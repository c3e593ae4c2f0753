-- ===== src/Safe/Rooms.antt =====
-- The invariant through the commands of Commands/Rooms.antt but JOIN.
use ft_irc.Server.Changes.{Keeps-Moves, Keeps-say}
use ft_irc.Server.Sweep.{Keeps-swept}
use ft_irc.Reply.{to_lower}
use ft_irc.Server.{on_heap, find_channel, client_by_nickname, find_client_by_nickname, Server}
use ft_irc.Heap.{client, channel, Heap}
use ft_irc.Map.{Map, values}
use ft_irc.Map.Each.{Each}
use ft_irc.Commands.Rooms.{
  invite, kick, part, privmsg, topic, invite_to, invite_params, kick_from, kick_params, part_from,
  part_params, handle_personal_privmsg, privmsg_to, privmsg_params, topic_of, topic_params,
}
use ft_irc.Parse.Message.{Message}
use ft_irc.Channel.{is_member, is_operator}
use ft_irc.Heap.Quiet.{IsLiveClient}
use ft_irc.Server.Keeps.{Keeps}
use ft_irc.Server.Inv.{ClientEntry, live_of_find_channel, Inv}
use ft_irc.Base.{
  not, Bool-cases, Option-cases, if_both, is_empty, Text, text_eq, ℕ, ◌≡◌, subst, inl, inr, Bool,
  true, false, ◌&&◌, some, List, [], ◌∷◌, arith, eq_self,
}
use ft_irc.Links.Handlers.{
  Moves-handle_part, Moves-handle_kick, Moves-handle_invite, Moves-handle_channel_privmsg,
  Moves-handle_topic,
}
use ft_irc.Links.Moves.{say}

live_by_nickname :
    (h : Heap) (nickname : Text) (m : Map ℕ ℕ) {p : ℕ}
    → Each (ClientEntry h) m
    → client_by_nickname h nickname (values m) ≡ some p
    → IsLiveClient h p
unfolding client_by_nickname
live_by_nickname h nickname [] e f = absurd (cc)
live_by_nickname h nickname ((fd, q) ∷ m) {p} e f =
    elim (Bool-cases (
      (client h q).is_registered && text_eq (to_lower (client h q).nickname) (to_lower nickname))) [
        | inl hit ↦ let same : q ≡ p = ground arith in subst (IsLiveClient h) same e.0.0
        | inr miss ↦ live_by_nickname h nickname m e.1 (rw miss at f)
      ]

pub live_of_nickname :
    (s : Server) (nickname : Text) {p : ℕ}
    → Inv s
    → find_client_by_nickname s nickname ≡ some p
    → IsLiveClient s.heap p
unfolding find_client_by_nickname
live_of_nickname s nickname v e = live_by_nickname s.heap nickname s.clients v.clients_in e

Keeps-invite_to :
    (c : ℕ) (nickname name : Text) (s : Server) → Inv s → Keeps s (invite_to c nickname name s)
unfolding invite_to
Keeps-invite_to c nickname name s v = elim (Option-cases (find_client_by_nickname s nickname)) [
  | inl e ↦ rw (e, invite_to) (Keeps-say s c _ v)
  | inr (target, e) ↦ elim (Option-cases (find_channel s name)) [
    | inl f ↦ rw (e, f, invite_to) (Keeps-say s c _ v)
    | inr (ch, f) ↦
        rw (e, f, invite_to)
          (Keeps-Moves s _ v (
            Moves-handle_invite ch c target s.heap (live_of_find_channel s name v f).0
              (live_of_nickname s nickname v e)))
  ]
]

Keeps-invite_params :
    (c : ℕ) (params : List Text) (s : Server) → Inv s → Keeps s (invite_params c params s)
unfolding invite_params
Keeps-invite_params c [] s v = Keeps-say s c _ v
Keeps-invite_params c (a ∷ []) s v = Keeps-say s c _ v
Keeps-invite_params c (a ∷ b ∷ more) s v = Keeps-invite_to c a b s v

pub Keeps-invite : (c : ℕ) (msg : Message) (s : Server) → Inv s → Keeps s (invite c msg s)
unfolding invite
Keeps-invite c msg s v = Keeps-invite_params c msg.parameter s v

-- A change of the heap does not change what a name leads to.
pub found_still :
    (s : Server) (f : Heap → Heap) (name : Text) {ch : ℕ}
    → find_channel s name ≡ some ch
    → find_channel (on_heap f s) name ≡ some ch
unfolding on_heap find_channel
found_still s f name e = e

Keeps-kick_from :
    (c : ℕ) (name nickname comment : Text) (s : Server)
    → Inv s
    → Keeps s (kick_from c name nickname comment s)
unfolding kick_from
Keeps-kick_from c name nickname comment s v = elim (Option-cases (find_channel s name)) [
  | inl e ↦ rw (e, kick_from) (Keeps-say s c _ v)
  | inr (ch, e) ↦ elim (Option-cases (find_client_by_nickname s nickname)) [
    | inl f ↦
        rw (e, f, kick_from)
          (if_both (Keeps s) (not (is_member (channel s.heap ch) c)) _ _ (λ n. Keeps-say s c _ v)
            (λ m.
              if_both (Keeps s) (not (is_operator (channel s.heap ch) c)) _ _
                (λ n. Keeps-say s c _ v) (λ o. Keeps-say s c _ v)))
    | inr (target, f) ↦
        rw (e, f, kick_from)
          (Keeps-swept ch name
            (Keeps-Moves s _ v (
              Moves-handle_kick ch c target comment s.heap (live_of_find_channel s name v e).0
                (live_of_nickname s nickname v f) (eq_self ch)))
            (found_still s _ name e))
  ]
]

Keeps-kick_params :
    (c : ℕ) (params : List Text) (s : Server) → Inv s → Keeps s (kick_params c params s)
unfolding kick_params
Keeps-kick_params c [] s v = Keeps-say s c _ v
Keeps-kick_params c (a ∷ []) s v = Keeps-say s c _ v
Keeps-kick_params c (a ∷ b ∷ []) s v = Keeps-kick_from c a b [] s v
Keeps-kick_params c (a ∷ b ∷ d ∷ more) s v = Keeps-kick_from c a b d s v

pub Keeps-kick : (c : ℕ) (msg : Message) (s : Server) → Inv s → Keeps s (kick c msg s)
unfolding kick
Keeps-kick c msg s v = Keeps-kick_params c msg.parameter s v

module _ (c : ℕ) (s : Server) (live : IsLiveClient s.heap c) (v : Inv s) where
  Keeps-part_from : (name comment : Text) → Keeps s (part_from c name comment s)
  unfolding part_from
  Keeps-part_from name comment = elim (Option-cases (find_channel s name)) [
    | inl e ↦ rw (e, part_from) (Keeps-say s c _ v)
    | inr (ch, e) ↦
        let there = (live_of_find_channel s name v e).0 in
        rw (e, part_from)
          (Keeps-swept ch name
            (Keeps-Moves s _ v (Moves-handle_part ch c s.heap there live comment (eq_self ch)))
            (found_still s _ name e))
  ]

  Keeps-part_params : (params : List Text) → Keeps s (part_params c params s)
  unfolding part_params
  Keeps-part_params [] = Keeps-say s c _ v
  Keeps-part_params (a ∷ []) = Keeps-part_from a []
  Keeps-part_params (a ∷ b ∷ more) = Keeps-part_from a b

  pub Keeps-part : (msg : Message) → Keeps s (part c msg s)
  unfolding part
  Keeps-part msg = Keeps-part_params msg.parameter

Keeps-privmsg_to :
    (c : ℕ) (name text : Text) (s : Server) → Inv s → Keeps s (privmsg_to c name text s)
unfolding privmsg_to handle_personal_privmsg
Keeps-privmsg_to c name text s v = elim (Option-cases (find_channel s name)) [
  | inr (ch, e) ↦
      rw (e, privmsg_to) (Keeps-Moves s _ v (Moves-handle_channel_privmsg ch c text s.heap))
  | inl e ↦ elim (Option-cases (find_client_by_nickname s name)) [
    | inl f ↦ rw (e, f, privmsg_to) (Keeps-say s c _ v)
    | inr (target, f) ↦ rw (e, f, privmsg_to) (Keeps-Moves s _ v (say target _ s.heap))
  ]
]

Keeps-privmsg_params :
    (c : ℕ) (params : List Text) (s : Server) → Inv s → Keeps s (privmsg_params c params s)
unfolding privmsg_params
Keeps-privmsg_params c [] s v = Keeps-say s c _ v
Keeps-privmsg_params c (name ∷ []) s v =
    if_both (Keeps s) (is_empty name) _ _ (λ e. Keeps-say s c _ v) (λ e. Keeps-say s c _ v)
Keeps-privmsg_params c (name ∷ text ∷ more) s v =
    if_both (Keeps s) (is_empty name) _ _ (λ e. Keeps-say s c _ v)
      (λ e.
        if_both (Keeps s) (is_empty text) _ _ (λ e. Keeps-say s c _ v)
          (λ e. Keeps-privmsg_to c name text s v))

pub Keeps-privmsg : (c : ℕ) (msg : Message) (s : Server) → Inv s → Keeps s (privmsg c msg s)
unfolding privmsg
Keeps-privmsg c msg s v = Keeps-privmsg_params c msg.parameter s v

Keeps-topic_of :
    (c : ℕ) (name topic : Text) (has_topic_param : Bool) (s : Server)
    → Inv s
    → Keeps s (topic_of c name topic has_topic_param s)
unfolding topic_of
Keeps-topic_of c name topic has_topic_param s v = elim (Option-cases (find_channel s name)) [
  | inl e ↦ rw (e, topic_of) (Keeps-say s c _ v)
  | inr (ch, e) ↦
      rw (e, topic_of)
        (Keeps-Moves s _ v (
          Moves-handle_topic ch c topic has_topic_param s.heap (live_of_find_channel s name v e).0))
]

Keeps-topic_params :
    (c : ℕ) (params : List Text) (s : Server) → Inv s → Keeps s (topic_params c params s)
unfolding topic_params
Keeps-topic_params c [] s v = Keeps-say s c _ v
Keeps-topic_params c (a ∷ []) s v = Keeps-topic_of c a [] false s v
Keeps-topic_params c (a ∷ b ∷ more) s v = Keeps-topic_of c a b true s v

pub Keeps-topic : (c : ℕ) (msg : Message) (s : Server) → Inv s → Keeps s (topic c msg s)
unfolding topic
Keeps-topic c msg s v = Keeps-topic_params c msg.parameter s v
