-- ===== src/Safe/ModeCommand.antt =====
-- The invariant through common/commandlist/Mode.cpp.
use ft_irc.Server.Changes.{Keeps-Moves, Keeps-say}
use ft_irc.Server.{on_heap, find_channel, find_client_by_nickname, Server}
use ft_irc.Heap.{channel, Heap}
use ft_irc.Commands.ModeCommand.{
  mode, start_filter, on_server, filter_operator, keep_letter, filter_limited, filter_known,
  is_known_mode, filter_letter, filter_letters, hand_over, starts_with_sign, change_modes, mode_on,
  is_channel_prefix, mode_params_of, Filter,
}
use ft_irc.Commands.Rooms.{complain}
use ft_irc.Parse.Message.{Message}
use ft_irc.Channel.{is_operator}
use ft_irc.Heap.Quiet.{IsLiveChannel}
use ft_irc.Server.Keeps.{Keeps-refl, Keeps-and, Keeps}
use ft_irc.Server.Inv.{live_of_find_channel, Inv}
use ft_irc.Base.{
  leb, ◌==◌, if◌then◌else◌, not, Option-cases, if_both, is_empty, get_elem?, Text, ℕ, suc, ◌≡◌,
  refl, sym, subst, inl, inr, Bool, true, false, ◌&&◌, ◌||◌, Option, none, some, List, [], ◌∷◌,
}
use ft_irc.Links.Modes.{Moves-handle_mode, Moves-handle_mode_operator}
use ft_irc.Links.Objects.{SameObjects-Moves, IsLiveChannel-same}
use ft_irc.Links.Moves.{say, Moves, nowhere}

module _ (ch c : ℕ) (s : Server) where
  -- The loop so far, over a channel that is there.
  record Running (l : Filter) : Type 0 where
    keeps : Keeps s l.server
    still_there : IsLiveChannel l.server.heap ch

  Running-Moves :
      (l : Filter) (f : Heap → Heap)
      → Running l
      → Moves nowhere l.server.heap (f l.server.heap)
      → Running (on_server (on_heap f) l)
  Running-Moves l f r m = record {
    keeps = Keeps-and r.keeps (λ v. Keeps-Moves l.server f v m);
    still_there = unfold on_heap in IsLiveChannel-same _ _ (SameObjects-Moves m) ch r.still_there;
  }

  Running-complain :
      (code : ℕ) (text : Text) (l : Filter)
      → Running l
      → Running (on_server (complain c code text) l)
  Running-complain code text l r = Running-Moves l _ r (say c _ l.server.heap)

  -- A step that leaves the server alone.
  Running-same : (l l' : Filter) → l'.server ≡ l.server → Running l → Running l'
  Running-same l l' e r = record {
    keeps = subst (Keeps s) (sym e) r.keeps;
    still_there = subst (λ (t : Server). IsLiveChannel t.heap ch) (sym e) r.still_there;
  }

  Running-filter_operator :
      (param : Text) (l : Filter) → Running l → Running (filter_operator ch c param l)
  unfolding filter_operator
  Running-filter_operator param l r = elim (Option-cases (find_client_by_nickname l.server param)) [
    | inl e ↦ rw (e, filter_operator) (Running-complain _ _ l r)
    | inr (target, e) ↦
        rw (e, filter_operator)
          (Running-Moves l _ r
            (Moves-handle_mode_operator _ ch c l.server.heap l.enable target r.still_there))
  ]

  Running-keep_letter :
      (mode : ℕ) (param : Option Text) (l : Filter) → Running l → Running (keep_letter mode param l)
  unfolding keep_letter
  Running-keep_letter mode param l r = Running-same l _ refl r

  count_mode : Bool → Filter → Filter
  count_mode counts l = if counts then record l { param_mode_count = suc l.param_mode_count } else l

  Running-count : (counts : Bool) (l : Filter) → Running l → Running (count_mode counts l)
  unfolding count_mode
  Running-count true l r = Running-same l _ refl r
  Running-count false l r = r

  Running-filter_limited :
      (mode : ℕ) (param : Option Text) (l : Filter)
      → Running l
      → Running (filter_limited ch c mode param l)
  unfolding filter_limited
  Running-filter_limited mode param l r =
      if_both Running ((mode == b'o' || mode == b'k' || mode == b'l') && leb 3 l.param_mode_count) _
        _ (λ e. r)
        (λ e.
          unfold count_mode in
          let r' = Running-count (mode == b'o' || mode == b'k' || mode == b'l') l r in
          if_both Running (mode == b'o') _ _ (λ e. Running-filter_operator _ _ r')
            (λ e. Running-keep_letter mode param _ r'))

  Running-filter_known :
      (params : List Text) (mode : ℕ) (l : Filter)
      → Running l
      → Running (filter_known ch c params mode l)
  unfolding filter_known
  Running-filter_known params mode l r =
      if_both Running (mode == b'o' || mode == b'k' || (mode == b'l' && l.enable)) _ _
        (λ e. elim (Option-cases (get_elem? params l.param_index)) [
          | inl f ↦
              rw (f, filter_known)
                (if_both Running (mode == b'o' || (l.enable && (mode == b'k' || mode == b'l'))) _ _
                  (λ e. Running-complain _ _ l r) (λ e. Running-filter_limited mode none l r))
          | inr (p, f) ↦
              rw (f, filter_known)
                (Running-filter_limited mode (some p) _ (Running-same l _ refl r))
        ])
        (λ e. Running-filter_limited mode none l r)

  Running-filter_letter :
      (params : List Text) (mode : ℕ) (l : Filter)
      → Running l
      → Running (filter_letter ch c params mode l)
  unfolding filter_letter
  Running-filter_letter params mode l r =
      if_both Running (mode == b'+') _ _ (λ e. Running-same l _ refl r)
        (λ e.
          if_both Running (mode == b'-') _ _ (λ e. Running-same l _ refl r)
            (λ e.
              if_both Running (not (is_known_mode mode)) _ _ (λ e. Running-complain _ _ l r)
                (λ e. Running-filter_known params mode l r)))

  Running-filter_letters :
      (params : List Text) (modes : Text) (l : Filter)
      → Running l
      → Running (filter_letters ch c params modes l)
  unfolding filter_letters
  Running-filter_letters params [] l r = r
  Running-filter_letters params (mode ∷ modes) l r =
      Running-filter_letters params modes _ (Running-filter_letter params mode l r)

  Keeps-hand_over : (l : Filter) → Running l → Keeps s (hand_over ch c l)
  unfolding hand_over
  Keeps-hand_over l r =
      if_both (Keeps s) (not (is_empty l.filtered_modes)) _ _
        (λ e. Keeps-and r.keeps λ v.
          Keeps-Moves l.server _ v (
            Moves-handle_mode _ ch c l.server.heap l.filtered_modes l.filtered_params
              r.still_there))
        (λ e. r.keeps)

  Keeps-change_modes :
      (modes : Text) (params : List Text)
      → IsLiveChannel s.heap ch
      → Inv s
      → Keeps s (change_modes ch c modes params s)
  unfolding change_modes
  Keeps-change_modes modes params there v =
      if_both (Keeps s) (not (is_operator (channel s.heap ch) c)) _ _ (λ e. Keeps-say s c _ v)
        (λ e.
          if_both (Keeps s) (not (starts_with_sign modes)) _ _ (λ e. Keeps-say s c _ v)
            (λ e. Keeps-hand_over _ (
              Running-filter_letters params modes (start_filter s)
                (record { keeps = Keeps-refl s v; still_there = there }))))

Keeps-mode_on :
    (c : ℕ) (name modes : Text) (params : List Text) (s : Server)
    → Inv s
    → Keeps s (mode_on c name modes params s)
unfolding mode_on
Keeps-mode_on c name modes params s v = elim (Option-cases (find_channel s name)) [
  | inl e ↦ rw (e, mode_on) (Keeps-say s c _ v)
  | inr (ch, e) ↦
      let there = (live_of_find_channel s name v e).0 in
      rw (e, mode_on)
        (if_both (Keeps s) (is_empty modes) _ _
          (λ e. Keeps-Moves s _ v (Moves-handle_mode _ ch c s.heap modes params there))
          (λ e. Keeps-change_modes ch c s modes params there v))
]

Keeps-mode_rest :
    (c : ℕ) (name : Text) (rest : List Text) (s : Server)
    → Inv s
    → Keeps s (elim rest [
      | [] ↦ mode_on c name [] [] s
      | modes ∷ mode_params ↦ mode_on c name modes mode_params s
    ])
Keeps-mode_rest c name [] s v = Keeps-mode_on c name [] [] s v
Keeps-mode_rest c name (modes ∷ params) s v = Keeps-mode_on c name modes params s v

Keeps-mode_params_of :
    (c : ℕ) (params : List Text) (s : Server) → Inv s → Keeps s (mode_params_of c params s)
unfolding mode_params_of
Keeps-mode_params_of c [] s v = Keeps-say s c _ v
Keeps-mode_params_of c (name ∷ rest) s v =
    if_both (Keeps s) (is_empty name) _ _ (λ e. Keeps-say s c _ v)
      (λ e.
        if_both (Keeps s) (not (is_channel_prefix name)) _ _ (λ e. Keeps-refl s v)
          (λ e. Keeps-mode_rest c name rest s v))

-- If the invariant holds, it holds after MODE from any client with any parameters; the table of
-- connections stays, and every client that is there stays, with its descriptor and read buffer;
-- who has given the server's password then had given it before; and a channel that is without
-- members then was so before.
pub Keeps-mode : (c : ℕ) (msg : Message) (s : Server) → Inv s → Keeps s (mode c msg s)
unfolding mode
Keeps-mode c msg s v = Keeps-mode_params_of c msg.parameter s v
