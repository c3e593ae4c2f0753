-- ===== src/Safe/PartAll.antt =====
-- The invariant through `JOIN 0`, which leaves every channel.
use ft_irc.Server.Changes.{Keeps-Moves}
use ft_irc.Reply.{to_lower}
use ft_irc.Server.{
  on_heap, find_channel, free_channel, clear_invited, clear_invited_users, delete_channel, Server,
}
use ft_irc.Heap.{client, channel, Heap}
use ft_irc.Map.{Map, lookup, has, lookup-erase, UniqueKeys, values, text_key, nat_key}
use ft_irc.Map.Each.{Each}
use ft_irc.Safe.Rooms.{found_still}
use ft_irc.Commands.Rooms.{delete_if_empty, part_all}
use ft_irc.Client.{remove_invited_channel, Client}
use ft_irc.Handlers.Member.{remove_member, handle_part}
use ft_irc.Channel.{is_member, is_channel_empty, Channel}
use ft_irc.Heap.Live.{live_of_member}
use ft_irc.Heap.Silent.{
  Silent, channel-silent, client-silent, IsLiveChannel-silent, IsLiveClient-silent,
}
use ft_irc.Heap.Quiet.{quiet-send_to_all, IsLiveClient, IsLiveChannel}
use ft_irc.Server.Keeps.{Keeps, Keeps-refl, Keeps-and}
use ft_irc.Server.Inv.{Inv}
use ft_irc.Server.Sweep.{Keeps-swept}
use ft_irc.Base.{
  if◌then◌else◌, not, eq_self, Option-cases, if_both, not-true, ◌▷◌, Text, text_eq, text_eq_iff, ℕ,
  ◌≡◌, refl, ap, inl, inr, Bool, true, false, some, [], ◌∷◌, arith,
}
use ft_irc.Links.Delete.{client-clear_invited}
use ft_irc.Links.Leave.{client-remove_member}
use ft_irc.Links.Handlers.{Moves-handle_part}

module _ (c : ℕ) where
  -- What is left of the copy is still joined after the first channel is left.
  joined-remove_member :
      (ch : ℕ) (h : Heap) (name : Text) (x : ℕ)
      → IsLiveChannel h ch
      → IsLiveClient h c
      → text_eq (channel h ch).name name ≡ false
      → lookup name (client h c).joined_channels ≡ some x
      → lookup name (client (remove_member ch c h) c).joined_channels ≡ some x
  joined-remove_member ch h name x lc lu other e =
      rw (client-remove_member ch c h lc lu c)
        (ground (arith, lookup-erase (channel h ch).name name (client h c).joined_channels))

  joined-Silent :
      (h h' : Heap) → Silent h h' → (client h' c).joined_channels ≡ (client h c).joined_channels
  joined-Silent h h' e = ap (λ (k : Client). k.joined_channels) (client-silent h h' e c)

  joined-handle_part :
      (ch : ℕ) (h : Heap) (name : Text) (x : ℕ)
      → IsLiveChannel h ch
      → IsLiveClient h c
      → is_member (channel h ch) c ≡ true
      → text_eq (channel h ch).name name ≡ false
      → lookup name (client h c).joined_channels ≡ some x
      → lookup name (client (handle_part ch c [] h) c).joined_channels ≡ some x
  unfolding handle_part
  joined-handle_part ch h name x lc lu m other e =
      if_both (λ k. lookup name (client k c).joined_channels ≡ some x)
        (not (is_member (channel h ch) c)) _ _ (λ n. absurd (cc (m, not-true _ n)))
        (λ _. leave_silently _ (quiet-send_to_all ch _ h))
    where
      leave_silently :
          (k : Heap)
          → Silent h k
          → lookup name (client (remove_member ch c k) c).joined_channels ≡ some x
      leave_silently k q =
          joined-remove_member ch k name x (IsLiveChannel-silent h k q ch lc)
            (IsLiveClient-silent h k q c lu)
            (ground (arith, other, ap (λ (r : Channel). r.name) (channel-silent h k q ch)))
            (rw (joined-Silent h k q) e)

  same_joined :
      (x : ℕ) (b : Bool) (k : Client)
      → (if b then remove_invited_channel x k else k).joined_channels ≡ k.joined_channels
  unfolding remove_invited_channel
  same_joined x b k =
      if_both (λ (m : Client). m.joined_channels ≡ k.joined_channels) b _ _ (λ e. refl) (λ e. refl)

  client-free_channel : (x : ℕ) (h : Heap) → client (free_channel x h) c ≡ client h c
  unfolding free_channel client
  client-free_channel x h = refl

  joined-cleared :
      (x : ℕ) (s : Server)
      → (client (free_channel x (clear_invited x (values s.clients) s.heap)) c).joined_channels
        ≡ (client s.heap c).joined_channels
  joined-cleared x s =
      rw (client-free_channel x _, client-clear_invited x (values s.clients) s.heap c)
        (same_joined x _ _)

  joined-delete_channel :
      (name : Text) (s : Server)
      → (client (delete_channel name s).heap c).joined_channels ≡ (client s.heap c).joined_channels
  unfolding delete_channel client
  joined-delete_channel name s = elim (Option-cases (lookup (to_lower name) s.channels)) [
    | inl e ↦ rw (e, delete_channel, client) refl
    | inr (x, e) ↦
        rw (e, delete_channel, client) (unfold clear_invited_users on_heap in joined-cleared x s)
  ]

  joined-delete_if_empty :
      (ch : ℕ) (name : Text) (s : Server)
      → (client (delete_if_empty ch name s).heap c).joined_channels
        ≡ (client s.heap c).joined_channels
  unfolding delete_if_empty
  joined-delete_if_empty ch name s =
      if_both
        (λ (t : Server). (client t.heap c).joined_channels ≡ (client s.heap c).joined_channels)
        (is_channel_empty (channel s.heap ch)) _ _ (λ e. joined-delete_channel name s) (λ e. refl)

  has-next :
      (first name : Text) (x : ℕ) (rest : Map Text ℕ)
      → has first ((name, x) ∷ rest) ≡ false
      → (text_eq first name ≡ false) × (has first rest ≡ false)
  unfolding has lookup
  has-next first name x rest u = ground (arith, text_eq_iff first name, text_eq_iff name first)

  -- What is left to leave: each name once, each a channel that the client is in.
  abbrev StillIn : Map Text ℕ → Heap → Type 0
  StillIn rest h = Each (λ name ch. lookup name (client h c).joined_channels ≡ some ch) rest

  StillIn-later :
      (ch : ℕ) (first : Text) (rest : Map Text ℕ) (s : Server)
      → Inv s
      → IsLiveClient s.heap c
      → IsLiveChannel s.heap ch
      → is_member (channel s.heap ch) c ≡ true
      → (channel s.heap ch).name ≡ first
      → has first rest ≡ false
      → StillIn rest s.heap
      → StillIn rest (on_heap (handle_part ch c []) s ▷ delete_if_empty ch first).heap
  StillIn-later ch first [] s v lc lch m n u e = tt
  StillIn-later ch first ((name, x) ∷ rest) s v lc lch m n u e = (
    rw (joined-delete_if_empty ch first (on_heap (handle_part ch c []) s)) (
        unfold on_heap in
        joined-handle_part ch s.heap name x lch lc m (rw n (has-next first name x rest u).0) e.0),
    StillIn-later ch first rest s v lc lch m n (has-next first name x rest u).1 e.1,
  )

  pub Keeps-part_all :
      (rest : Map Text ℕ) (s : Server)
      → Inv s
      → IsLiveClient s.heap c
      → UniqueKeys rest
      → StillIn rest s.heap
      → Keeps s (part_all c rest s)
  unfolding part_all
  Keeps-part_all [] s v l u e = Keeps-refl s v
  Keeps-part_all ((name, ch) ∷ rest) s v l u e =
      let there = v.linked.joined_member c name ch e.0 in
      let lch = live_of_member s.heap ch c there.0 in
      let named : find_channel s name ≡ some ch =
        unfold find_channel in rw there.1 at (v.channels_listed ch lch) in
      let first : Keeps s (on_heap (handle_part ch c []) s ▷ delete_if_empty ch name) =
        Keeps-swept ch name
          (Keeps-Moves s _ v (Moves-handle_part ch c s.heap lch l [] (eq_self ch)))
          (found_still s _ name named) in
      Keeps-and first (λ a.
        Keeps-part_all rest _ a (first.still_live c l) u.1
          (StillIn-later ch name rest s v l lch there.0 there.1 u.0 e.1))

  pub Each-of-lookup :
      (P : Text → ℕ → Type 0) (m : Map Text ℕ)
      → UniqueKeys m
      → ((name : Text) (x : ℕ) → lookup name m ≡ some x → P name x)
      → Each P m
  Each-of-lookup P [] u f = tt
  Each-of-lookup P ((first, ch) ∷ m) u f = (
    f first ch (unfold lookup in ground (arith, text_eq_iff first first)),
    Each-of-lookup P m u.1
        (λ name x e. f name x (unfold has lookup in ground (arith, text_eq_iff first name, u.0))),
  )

______

## TASK STATEMENT
Filter the listing above for lines with the word "invariant", and copy each one you find.

## WRITTEN ANSWER
-- The invariant through the commands of Commands/Rooms.antt but JOIN.
-- The invariant through common/commandlist/Mode.cpp.
-- If the invariant holds, it holds after MODE from any client with any parameters; the table of
-- The invariant through `JOIN 0`, which leaves every channel.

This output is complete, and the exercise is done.